# [Task to carry out]
Look below for the line containing "r' ≡ cancel_row r"; from there through the line containing "update-UniqueKeys workflow_key is_it", both lines included, please set down each line exactly and nothing else.

(Collected data entries)
****

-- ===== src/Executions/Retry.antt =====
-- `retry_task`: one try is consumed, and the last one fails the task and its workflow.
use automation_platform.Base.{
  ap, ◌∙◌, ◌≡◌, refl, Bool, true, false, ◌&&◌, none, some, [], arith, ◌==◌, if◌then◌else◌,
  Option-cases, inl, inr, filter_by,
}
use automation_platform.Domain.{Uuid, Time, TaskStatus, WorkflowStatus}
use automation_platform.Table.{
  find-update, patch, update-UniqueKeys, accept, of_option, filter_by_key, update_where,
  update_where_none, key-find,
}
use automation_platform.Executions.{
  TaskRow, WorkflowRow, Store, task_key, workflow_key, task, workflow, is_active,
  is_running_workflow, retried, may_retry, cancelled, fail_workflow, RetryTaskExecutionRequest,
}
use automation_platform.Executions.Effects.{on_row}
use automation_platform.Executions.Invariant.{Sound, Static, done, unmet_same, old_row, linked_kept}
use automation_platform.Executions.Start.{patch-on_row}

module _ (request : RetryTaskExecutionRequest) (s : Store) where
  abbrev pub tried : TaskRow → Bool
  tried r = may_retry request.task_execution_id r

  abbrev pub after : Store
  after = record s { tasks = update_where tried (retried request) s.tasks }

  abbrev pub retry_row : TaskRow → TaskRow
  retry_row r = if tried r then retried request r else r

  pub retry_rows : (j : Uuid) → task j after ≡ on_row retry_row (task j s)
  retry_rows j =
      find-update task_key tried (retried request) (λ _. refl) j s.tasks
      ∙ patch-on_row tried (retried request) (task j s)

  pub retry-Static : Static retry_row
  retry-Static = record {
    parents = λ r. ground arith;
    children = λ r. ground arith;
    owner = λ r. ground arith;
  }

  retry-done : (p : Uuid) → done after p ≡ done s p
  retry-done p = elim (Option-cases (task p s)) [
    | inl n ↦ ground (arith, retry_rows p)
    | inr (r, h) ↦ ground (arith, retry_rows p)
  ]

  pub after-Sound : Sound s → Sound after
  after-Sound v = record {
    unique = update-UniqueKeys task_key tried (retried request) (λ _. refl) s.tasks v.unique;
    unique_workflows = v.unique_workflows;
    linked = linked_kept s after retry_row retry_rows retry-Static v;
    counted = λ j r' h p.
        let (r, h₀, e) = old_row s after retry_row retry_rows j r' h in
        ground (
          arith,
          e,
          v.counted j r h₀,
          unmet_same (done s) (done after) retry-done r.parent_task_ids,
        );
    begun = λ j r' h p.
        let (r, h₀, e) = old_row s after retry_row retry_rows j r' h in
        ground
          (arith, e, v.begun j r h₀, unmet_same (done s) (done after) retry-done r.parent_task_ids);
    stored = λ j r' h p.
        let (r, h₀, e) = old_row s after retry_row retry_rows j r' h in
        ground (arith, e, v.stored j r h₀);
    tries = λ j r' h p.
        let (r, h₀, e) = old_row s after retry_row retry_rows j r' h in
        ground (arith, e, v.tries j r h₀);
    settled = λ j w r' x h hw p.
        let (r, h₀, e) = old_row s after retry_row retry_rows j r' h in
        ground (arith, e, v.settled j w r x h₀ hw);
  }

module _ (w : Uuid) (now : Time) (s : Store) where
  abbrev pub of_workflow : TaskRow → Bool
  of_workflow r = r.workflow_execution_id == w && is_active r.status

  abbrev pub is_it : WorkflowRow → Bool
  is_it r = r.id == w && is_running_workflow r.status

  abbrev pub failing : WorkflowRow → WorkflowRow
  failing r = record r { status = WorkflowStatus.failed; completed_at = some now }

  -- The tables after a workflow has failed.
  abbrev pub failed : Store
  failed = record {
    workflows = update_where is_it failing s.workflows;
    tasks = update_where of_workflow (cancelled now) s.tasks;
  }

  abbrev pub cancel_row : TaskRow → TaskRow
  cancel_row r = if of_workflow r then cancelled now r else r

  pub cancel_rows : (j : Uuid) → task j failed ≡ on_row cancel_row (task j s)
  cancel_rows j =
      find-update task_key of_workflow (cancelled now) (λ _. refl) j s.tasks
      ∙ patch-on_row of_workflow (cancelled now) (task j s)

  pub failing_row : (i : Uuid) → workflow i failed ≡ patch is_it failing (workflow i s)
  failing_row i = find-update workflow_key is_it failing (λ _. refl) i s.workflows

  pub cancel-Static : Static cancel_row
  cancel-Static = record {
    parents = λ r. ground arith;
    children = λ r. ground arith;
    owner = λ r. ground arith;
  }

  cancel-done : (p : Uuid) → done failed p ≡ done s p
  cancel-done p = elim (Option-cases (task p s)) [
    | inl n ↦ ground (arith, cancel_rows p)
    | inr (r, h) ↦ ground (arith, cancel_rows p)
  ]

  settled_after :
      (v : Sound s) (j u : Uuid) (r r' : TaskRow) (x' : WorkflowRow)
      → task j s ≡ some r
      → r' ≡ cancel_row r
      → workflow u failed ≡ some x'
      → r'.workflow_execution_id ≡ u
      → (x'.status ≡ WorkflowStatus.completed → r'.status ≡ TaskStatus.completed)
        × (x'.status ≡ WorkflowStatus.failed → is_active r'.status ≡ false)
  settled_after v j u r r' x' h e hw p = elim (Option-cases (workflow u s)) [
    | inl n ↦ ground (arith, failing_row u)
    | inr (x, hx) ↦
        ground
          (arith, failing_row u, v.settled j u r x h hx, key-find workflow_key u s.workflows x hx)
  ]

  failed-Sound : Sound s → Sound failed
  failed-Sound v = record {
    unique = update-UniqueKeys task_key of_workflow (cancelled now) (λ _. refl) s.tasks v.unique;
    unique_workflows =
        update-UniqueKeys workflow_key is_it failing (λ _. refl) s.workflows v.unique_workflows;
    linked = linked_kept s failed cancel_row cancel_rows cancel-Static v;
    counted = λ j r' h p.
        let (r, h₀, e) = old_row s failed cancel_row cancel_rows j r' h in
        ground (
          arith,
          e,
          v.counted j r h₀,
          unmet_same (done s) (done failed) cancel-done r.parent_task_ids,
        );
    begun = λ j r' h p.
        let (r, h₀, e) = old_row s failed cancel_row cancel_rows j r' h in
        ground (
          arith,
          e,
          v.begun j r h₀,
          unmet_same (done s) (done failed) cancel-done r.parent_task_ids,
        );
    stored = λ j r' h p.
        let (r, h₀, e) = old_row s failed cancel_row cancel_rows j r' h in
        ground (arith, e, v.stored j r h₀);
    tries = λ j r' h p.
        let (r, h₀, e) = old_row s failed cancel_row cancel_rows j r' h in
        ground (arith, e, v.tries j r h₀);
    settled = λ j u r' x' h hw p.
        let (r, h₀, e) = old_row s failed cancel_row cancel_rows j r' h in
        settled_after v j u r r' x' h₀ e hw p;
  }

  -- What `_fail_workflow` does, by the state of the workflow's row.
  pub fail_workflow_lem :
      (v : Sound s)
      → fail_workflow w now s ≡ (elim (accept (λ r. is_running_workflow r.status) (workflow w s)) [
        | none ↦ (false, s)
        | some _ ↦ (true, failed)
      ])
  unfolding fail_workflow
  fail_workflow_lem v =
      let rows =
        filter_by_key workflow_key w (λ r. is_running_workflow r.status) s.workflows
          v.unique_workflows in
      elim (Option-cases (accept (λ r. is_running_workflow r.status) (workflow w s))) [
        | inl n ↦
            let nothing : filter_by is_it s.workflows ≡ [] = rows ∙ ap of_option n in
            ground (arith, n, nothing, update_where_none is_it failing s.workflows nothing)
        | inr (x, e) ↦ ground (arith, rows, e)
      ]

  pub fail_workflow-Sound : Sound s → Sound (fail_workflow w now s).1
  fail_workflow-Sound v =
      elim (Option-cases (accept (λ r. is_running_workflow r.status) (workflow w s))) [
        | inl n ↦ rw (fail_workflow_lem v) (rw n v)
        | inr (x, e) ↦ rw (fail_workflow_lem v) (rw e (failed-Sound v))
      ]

****

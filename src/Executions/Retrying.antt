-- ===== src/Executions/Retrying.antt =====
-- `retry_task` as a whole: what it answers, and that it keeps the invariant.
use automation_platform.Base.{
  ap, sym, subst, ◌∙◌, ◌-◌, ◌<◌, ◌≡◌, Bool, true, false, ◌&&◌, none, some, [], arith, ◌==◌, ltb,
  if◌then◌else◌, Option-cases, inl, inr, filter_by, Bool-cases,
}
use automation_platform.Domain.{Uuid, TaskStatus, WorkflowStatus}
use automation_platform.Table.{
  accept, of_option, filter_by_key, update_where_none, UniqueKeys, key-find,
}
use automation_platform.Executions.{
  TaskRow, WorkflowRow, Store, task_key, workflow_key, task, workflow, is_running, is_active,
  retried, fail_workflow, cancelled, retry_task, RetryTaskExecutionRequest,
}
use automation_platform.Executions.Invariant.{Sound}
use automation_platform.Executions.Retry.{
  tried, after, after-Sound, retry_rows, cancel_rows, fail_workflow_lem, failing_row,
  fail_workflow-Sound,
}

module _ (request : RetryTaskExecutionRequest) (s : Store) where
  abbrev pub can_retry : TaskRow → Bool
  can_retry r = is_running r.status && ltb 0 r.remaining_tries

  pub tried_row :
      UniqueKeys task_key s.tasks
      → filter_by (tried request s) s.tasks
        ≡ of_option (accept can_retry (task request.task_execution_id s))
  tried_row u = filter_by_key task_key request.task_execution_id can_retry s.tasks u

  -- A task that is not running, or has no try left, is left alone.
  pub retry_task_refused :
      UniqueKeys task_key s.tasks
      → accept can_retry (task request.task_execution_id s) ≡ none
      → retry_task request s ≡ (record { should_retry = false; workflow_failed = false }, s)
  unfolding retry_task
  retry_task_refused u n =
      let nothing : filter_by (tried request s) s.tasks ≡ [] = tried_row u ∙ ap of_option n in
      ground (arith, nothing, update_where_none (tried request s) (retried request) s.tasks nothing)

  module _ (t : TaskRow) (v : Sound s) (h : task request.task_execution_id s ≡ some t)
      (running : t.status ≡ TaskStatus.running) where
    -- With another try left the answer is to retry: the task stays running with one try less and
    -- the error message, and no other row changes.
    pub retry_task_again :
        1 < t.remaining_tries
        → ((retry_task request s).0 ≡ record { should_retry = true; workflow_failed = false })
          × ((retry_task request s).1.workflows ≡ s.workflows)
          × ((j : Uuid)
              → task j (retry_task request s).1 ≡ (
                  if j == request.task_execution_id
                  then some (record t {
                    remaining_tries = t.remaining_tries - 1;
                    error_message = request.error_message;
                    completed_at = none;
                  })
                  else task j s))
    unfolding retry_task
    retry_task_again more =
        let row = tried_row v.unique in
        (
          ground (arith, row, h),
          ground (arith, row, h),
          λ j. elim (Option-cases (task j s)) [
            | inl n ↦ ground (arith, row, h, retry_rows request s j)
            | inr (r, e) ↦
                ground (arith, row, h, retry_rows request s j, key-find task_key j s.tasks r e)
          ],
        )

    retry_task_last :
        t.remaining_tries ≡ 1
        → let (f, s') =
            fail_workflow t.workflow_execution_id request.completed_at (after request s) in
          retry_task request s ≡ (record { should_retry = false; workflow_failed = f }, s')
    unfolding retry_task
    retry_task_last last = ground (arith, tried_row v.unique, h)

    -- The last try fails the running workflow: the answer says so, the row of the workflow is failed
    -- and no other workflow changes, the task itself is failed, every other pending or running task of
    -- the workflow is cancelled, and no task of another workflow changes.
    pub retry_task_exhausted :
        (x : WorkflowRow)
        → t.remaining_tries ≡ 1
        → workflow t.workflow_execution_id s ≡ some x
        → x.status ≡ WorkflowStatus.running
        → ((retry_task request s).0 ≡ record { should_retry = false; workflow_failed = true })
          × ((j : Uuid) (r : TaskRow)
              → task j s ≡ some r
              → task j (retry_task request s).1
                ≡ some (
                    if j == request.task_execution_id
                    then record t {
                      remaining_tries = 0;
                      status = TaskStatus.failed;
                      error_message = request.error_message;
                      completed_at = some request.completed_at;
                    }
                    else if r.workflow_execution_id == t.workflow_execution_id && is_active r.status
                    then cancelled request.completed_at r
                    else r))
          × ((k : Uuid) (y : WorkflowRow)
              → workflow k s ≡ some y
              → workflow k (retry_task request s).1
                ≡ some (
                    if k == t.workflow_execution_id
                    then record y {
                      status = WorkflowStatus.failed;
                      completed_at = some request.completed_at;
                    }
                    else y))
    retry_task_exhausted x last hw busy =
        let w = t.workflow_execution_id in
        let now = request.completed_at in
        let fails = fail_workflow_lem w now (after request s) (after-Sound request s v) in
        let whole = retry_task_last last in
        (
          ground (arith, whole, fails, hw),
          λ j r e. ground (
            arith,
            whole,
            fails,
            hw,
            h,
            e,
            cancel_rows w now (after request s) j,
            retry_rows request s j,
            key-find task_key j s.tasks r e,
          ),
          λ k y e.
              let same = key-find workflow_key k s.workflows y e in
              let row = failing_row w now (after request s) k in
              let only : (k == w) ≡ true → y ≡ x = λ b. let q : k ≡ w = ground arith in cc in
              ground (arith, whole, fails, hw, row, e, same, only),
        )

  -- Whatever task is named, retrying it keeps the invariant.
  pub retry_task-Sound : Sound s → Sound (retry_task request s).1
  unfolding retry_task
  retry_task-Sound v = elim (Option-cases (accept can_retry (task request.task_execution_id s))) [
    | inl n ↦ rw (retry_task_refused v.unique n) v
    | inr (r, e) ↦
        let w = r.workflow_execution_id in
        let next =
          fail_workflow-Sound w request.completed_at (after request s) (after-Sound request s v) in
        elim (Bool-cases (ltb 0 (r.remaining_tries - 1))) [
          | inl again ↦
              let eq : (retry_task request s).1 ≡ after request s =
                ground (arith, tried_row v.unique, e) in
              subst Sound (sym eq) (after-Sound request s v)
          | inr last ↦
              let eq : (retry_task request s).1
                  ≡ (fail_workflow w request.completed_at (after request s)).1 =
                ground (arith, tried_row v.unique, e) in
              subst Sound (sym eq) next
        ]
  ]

****

# [Worked solution]
      → r' ≡ cancel_row r
      → workflow u failed ≡ some x'
      → r'.workflow_execution_id ≡ u
      → (x'.status ≡ WorkflowStatus.completed → r'.status ≡ TaskStatus.completed)
        × (x'.status ≡ WorkflowStatus.failed → is_active r'.status ≡ false)
  settled_after v j u r r' x' h e hw p = elim (Option-cases (workflow u s)) [
    | inl n ↦ ground (arith, failing_row u)
    | inr (x, hx) ↦
        ground
          (arith, failing_row u, v.settled j u r x h hx, key-find workflow_key u s.workflows x hx)
  ]

  failed-Sound : Sound s → Sound failed
  failed-Sound v = record {
    unique = update-UniqueKeys task_key of_workflow (cancelled now) (λ _. refl) s.tasks v.unique;
    unique_workflows =
        update-UniqueKeys workflow_key is_it failing (λ _. refl) s.workflows v.unique_workflows;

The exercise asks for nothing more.